Trump-District Democrats Flush With Cash Before 2020 Election

  • Twenty-two members had more than $1 million in campaign funds
  • Swing-district lawmakers key to Democrats keeping majority

House Democrats from districts that favored President Donald Trump in 2016 have amassed big campaign treasuries as they prepare for competitive re-election bids.

Of the 30 Democrats seeking re-election from areas Trump won in 2016, 22 had more than $1 million in their campaign fund and all but three banked at least $750,000 at the end of this year’s third quarter, according to a Bloomberg Government review of Federal Election Commission reports due yesterday.

Swing-district Democrats are key to the party defending its majority in the November 2020 election. The 30 Democrats include 22 freshmen, of whom 20 won districts from Republican control in the 2018 election. Democrats control 235 House seats, or 17 more than a bare majority of 218 in the 435-seat House.

The best-funded Democrats in this bloc are two-term Rep. Josh Gottheimer (N.J.), $6.4 million, who serves on the Financial Services Committee and is a co-chairman of the Problem Solvers Caucus that encourages bipartisanship; 12-term Rep. Ron Kind (Wis.), $2.8 million, a member of the tax-writing Ways and Means Committee; and four-term Rep. Cheri Bustos (Ill.), $2.7 million, who’s helping lead the effort to re-elect Trump-district Democrats as chairwoman of the Democratic Congressional Campaign Committee.

Rep. Elissa Slotkin
(Photo by Jeff Kowalsky/ Bloomberg via Getty Images)
Rep. Elissa Slotkin

The most cash-rich Democratic freshmen from pro-Trump districts are Reps. Elissa Slotkin (Mich.); $1.73 million, Mikie Sherrill (N.J.), $1.68 million; Max Rose (N.Y.), $1.67 million; and Haley Stevens (Mich.), $1.61 million. Slotkin and Rose unseated Republican incumbents in 2018, while Sherrill and Stevens succeeded retiring Republicans.

New York Assemblywoman Nicole Malliotakis, a Republican opposing Rose in a Staten Island-Brooklyn district Trump won by 10 percentage points, is one of the best-funded House challengers, with $600,000 cash-on-hand.
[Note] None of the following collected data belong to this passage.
-- ===== src/DidKey/Published.antt =====
-- What src/did-key.js resolves a did:key of an Ed25519 key to.
use vti_didcomm_js.Prelude.{
  ℕ, ◌<◌, true, Option, some, List, [], ◌∷◌, ◌++◌, length, ◌==◌, ==_iff, ok, guard, >>=-ok, ◌≡◌,
  refl, ap, ◌∙◌, arith, All, IsByte,
}
use vti_didcomm_js.Prelude.Text.{Text, codes, text_eq, starts_with}
use vti_didcomm_js.Multibase.{ed25519_pub, x25519_pub, encode_multikey, decode_multikey}
use vti_didcomm_js.Multibase.RoundTrip.{decode_multikey-encode_multikey}
use vti_didcomm_js.Json.{Json, object, array, string, member, end, cons, nil, get, field}
use vti_didcomm_js.DidKey.{
  verification_method, signing_relationships, kid_of, wrong_length, not_base58btc, big_int_to_le,
  ed25519_public_key_to_x25519, montgomery_u, le_to_big_int, clear_sign, bytes_equal, assert_len,
  ed25519_document, ed25519_did_document, document_for, multikey_or_throw, resolution, resolve,
}
use vti_didcomm_js.DidKey.Field.{length-big_int_to_le, big_int_to_le-bytes}

abbrev pub did_key : (multibase_str : Text) → Text
did_key multibase_str = codes "did:key:" ++ multibase_str

length-guard :
    (key : List ℕ) (n : ℕ)
    → length key ≡ n
    → guard (length key == n) (wrong_length (length key)) ≡ ok tt
length-guard key n h = ap (λ b. guard b (wrong_length (length key))) ((==_iff (length key) n).1 h)

ed25519_public_key_to_x25519-ok :
    (key : List ℕ)
    → length key ≡ 32
    → (x : List ℕ) × (ed25519_public_key_to_x25519 key ≡ ok x) × (length x ≡ 32) × All IsByte x
unfolding ed25519_public_key_to_x25519
ed25519_public_key_to_x25519-ok key h =
    let u = montgomery_u (le_to_big_int (clear_sign key)) in
    (
      big_int_to_le 32 u,
      >>=-ok _ _ tt (length-guard key 32 h),
      length-big_int_to_le 32 u,
      big_int_to_le-bytes 32 u,
    )

prefixed-bytes :
    (a b : ℕ) (key : List ℕ) → a < 256 → b < 256 → All IsByte key → All IsByte ((a ∷ b ∷ []) ++ key)
prefixed-bytes a b key ha hb h = (ha, (hb, h))

document_for-ed25519 :
    (did multibase_str : Text) (key x : List ℕ)
    → length key ≡ 32
    → ed25519_public_key_to_x25519 key ≡ ok x
    → document_for did multibase_str (record { codec = ed25519_pub; key = key })
      ≡ ok (ed25519_document did multibase_str (encode_multikey x25519_pub x))
unfolding document_for bytes_equal text_eq assert_len ed25519_did_document
document_for-ed25519 did multibase_str key x h e =
    >>=-ok _ _ tt (length-guard key 32 h) ∙ >>=-ok _ _ x e

starts-z : (codec key : List ℕ) → starts_with (encode_multikey codec key) (codes "z") ≡ true
unfolding encode_multikey starts_with
starts-z codec key = refl

-- A verification method of type Multikey that the DID controls, and the list of one reference.
abbrev pub multikey_method : (id did multibase_str : Text) → Json
multikey_method id did multibase_str = object (
    member (codes "id") (string id) (
      member (codes "type") (string (codes "Multikey")) (
        member (codes "controller") (string did)
          (member (codes "publicKeyMultibase") (string multibase_str) end))))

abbrev pub one_reference : Text → Option Json
one_reference id = some (array (cons (string id) nil))

-- A document of two methods, whose first key signs and whose second agrees on keys.
pub record IsPublished (did signing agreement : Text) (document : Json) : Type 0 where
  pub of_id : get document (codes "id") ≡ some (string did)
  pub methods :
      get document (codes "verificationMethod")
      ≡ some (
          array (
            cons
              (multikey_method (did ++ (codes "#" ++ signing)) did signing)
              (cons (multikey_method (did ++ (codes "#" ++ agreement)) did agreement) nil)))
  pub authentication :
      get document (codes "authentication") ≡ one_reference (did ++ (codes "#" ++ signing))
  pub assertion_method :
      get document (codes "assertionMethod") ≡ one_reference (did ++ (codes "#" ++ signing))
  pub capability_delegation :
      get document (codes "capabilityDelegation") ≡ one_reference (did ++ (codes "#" ++ signing))
  pub capability_invocation :
      get document (codes "capabilityInvocation") ≡ one_reference (did ++ (codes "#" ++ signing))
  pub key_agreement :
      get document (codes "keyAgreement") ≡ one_reference (did ++ (codes "#" ++ agreement))

ed25519_document-IsPublished :
    (did signing agreement : Text)
    → IsPublished did signing agreement (ed25519_document did signing agreement)
unfolding ed25519_document verification_method signing_relationships kid_of get field text_eq
ed25519_document-IsPublished did signing agreement = record {
  of_id = refl;
  methods = refl;
  authentication = refl;
  assertion_method = refl;
  capability_delegation = refl;
  capability_invocation = refl;
  key_agreement = refl;
}

resolution-document :
    (document : Json) → get (resolution document) (codes "didDocument") ≡ some document
unfolding resolution get field text_eq
resolution-document document = refl

-- The did:key of an Ed25519 key of 32 bytes resolves to a document whose id is the DID and whose verification methods are
-- two Multikeys that it controls: the multikey of the DID, under `#` with this multikey, which decodes to that key and is
-- the one reference of the four signing relationships; and, under `#` with its own multikey, one that decodes to the
-- X25519 key of 32 bytes which `ed25519PublicKeyToX25519` gives for it, the one reference of `keyAgreement`.
pub resolve-ed25519 :
    (key : List ℕ)
    → length key ≡ 32
    → All IsByte key
    → (x : List ℕ) × (result : Json) × (document : Json) × (resolve
          (did_key (encode_multikey ed25519_pub key))
        ≡ ok result)
      × (get result (codes "didDocument") ≡ some document)
      × IsPublished
          (did_key (encode_multikey ed25519_pub key))
          (encode_multikey ed25519_pub key)
          (encode_multikey x25519_pub x)
          document
      × (decode_multikey (encode_multikey ed25519_pub key)
          ≡ ok (record { codec = ed25519_pub; key = key }))
      × (decode_multikey (encode_multikey x25519_pub x)
          ≡ ok (record { codec = x25519_pub; key = x }))
      × (ed25519_public_key_to_x25519 key ≡ ok x)
      × (length x ≡ 32)
unfolding resolve multikey_or_throw starts_with
resolve-ed25519 key h hb =
    let m = encode_multikey ed25519_pub key in
    let (x, ex, size, xb) = ed25519_public_key_to_x25519-ok key h in
    let own =
      decode_multikey-encode_multikey ed25519_pub key (omega arith)
        (prefixed-bytes _ _ key (omega arith) (omega arith) hb) in
    let agreed =
      decode_multikey-encode_multikey x25519_pub x (omega arith)
        (prefixed-bytes _ _ x (omega arith) (omega arith) xb) in
    let document = ed25519_document (did_key m) m (encode_multikey x25519_pub x) in
    (
      x,
      resolution document,
      document,
      >>=-ok _ _ tt (ap (λ b. guard b not_base58btc) (starts-z ed25519_pub key))
          ∙ >>=-ok _ _ (record { codec = ed25519_pub; key = key }) (ap multikey_or_throw own)
          ∙ >>=-ok _ _ _ (document_for-ed25519 (did_key m) m key x h ex),
      resolution-document document,
      ed25519_document-IsPublished (did_key m) m (encode_multikey x25519_pub x),
      own,
      agreed,
      ex,
      size,
    )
Incumbents generally outraise their challengers.

The National Republican Congressional Committee, the campaign arm of House Republicans, is targeting all of the Trump-district Democrats for defeat in 2020. The DCCC included most of them on its list of “Frontline” Democrats it anticipates will have very competitive races in 2020.

These districts have also been a focus of early political advertising.

The Republican National Committee this month began airing television spots attacking Trump-district Democrats it said supported “endless investigations of President Trump.” House Majority Forward, a nonprofit group aiding House Democrats, responded with ads extolling their bipartisan accomplishments.

Rep. Dave Loebsack (D-Iowa), whose district also voted for Trump, is retiring and isn’t included in this fundraising analysis.